The Devil Doll (1936)
This is a film I’m afraid can be placed squarely in the “bad” category, but I do have an affection for it, and watch it every time it comes on. Neither excellent as horror nor as camp, The Devil Doll is an illustration not only of Browning’s decline but also of the decline of the original classic wave of early horror pictures. The original concept sounds like it had been promising, called The Witch of Timbuktoo and based on a story called “Burn, Witch, Burn” (Later made into a British film in the early 1960s), it was originally a voodoo tale, as the film’s eventual title bears witness to. But various elements within the studio system lobbied to have the voodoo element—and all reference to Africans—expunged. The story Browning’s drunken imagination eventually produced has falsely imprisoned banker Lionel Barrymore and his fellow inmate, a benevolent scientist, escaping from Devil’s Island. The scientist lets Barrymore in on his research: a plan to reduce living creatures to a sixth of their normal size so that world hunger will no longer be a problem. Unfortunately, the scientist dies, allowing Barrymore to use the technique in order to pursue his own aim—revenge on the crooks who framed him for embezzling. Humunculi are dispatched to stab the victims with tiny stilettos to paralyze and/or shrink them. The uncanny quality of the tiny people and animals is fairly enthralling and one of the film’s few saving graces. The other gimmick – that of Barrymore in disguise as an old woman – might be funny if it wasn’t played so straight. The consummate technical actor, Barrymore even invests his old lady with a French accent, which none of the other characters, equally French, don’t have. In the end he is exonerated.
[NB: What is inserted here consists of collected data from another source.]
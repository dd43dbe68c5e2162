-- ===== src/Api/AgentRoutes.antt =====
-- The handlers of api/agent_routes.py, as programs over the run store. `id` and `now` are the fresh
-- identifier and the clock of the request; the guard of the scope is `check_scope`, before a handler.
pub mod Next
pub mod StoreInvariant
pub mod Additions
pub mod Safe
pub mod Snapshots
pub mod Parts
pub mod Handlers
pub mod ToolHandlers
pub mod Planning
pub mod PlanNext
pub mod System
pub mod Interleavings
use kelvin_assistant.Prelude.{
  ℕ, Bool, true, false, Option, none, some, List, [], ◌∷◌, ◌++◌, map, Text, codes, not, ◌||◌, ◌==◌,
  nat_eq, is_empty, if◌then◌else◌,
}
use kelvin_assistant.Prelude.Result.{
  Exception, Result, ok, raise, agent_domain_error, invalid_transition_error, step_limit_error,
  agent_service_error, run_not_found_error, run_conflict_error, proposal_not_found_error,
  planner_domain_error, agent_planning_error, tool_arguments_validation_error,
  planner_unavailable_error, planner_response_error, result_not_found_error, http_error,
}
use kelvin_assistant.Domain.Json.{Fields}
use kelvin_assistant.Domain.ContextGuard.{InputGuard, line_feed}
use kelvin_assistant.Domain.Agent.Status.{
  AgentStatus, planning, awaiting_approval, failed, status_eq, ToolRisk, ToolPolicyDecision, deny,
  ApprovalDecision,
}
use kelvin_assistant.Domain.Agent.Run.{AgentRun}
use kelvin_assistant.Domain.Agent.Tools.{
  ToolProposal, make_tool_call, ToolExecutionResult, execution_post_init,
}
use kelvin_assistant.Domain.Planner.{ClarificationTurn, make_clarification_turn}
use kelvin_assistant.Ports.Tools.{ToolRegistry}
use kelvin_assistant.Application.ToolPolicy.{ToolPolicyContext}
use kelvin_assistant.Application.Agent.{
  Policy, start_run, begin_planning, propose_tool, resolve_approval, record_execution_result,
  fail_run, cancel_run,
}
use kelvin_assistant.Application.AgentPlanning.{
  Planner, PlanningOutcome, clarification_outcome, tool_outcome, completion_outcome, prepare_run,
  plan_next,
}
use kelvin_assistant.Adapters.MemoryAgentRuns.Versions.{update, cancel, propose, complete}
use kelvin_assistant.Api.Program.{
  Event, audited, approval_required, run_completed, run_failed, message, exception, Program, done,
  ◌>>=◌, ◌>>◌, try, send, add, write, fetch, fetch_proposal, fetch_steps, fetch_all,
}
use kelvin_assistant.Api.Responses.{
  Response, run_body, runs_body, clarify_body, complete_body, tool_body, proposal_body, result_body,
  agent_run_response, tool_proposal_response, tool_result_response, detail_response,
}
use kelvin_assistant.Api.RouteErrors.{
  is_domain_error, creation_error, change_error, proposal_error, approval_error, result_error,
  raising,
}

-- What the handlers get by `Depends`: the services and their parts.
pub record Services : Type 0 where
  pub registry : ToolRegistry
  pub policy : Policy
  pub planner : Planner
  pub input_guard : InputGuard
  pub is_authorized : Option Text → Bool
  pub mask_secrets : Text → Text

-- The `decision` of an audit entry of the input guard
abbrev safety : Bool → Text
safety safe = if safe then codes "allow" else codes "block"

-- The fields of `AgentToolResultRequest`
pub record ResultRequest : Type 0 where
  pub tool_call_id : ℕ
  pub succeeded : Bool
  pub output : Text
  pub error : Option Text
  pub truncated : Bool
  pub duration_ms : ℕ

abbrev pub is_deny : ToolPolicyDecision → Bool
is_deny deny = true
is_deny _ = false

-- `error or default`
abbrev or_default : Option Text → Text → Text
or_default none default = default
or_default (some text) default = if is_empty text then default else text

-- `result.error or f"Tool {name} execution failed."`
abbrev failure_text : ToolExecutionResult → Text
failure_text result =
    or_default result.error (codes "Tool " ++ result.tool_name ++ codes " execution failed.")

-- The end of the `try` of `propose_agent_tool`: what is not denied is stored and, if it waits for an
-- approval, announced.
abbrev pub offer : (expected_version : ℕ) → ToolProposal → Program ToolProposal
offer expected_version proposal =
    if is_deny proposal.policy_result.decision
    then done (ok proposal)
    else (write (propose proposal) expected_version
        >> (if proposal.run.status == awaiting_approval
            then send (approval_required proposal)
            else done (ok tt))
        >> done (ok proposal))

-- The end of the `try` of `submit_agent_tool_result`
abbrev pub settle :
    (now : ℕ) → AgentRun → ToolExecutionResult → Program (AgentRun × ToolExecutionResult)
settle now run result = done (record_execution_result now run result.succeeded) >>= λ updated.
    write (complete updated result) run.version
    >> (if updated.status == failed
        then send (run_failed updated (message (failure_text result)))
        else done (ok tt))
    >> done (ok (updated, result))

module _ (services : Services) where
  unfoldable pub policy_context : Option Text → ToolPolicyContext
  policy_context workspace_id = record {
    workspace_authorized = services.is_authorized workspace_id;
    workspace_id = workspace_id;
  }

  unfoldable pub create_agent_run :
      (id now : ℕ) (correlation_id : Option ℕ) → Text → ℕ → Option Text → Program Response
  unfolding creation_error
  create_agent_run id now correlation_id goal max_steps workspace_id =
      let validation = services.input_guard goal in
      send (
        audited (record {
          event_type = codes "input_guard";
          decision = safety validation.is_safe;
          masked_content = services.mask_secrets goal;
          warnings = validation.warnings;
          correlation_id = correlation_id;
          run_id = none;
        }))
      >> (if not validation.is_safe
          then done (raise (http_error 400))
          else (try
                (done (start_run id now goal max_steps workspace_id) >>= λ run.
                  add run >> done (ok run))
                (raising creation_error)
              >>= λ run. done (ok (run_body (agent_run_response services.mask_secrets run)))))

  unfoldable pub list_agent_runs : Program Response
  list_agent_runs = fetch_all >>= λ runs.
      done (ok (runs_body (map (agent_run_response services.mask_secrets) runs)))

  unfoldable pub get_agent_run : (now run_id : ℕ) → Program Response
  unfolding change_error
  get_agent_run now run_id =
      try
        (fetch run_id >>= λ run. fetch_steps run_id >>= λ steps.
          done (ok (detail_response services.mask_secrets now run steps)))
        (λ e. done (raise (elim e [ run_not_found_error ↦ http_error 404 | other ↦ other ])))

  unfoldable pub cancel_agent_run : (now run_id : ℕ) → Program Response
  unfolding change_error
  cancel_agent_run now run_id =
      try
        (fetch run_id >>= λ current. done (cancel_run now current) >>= λ cancelled.
          write (cancel cancelled) current.version >> done (ok cancelled))
        (raising change_error)
      >>= λ cancelled. done (ok (run_body (agent_run_response services.mask_secrets cancelled)))

  unfoldable pub begin_agent_planning : (now run_id : ℕ) → Program Response
  unfolding change_error
  begin_agent_planning now run_id =
      try
        (fetch run_id >>= λ current. done (begin_planning now current) >>= λ planned.
          write (update planned) current.version >> done (ok planned))
        (raising change_error)
      >>= λ planned. done (ok (run_body (agent_run_response services.mask_secrets planned)))

  unfoldable pub propose_agent_tool :
      (id now run_id : ℕ)
      → Text
      → Fields
      → (reason expected_effect : Text) → ToolRisk
      → Program Response
  unfolding proposal_error policy_context
  propose_agent_tool id now run_id name arguments reason expected_effect risk =
      try
        (fetch run_id >>= λ current.
          done (make_tool_call id name arguments reason expected_effect risk) >>= λ call.
          done (propose_tool services.policy now current call (policy_context current.workspace_id))
          >>= offer current.version)
        (raising proposal_error)
      >>= λ proposal.
          done (ok (proposal_body (tool_proposal_response services.mask_secrets proposal)))

  unfoldable pub resolve_agent_tool_approval :
      (now run_id : ℕ) → (tool_call_id : ℕ) → ApprovalDecision → Program Response
  unfolding approval_error
  resolve_agent_tool_approval now run_id tool_call_id decision =
      try
        (fetch_proposal run_id >>= λ proposal.
          if not (proposal.call.id == tool_call_id)
          then done (raise agent_service_error)
          else (done (resolve_approval proposal decision (codes "local-client") now now)
              >>= λ resolved. write (propose resolved) proposal.run.version >> done (ok resolved)))
        (raising approval_error)
      >>= λ resolved.
          done (ok (proposal_body (tool_proposal_response services.mask_secrets resolved)))

  unfoldable pub get_active_agent_tool : (run_id : ℕ) → Program Response
  get_active_agent_tool run_id =
      try (fetch_proposal run_id) (λ e. done (
        raise (elim e [
          | run_not_found_error ↦ http_error 404
          | proposal_not_found_error ↦ http_error 404
          | other ↦ other
        ])))
      >>= λ proposal.
          done (ok (proposal_body (tool_proposal_response services.mask_secrets proposal)))

  unfoldable pub submit_agent_tool_result : (now run_id : ℕ) → ResultRequest → Program Response
  unfolding result_error
  submit_agent_tool_result now run_id request =
      try
        (fetch_proposal run_id >>= λ proposal.
          if not (proposal.call.id == request.tool_call_id)
          then done (raise agent_service_error)
          else (done (
                execution_post_init (record {
                  tool_call_id = request.tool_call_id;
                  tool_name = proposal.call.name;
                  succeeded = request.succeeded;
                  output = request.output;
                  error = request.error;
                  truncated = request.truncated;
                  duration_ms = request.duration_ms;
                }))
              >>= settle now proposal.run))
        (raising result_error)
      >>= λ (updated, result).
          done (ok (result_body (tool_result_response services.mask_secrets updated result)))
The laboratory explodes in a big ball of flame, and Barrymore has a weepy, covert rapprochement with his estranged daughter (Maureen O’Sullivan) in a somewhat tedious epilogue.
Miracles for Sale (1939)
Tod Browning’s last film is surprisingly normal seeming and mainstream, although it still gets plenty weird, come to think of it. It tells of a very convoluted but entertaining mystery solved by magician Robert Young. Young’s house is a veritable fun house of tricks and gadgets…but so also is every other house the main characters go to, including the murder scene…in which one magician is killed by another magician! Just to cloud everything up a little the cast of magicians is rounded out by psychics. At any rate, the film wasn’t enough to rescue Browning’s ailing career, which had never recovered from the disaster of Freaks. He was to live another 23 years, but sadly was never entrusted with the direction of another film.
Oh, The Unknown, that’s one that gave me nightmares after I saw it.
I didn’t realize Devil Doll was a Tod Browning film. I rather liked it, even if there isn’t really a lot to the film.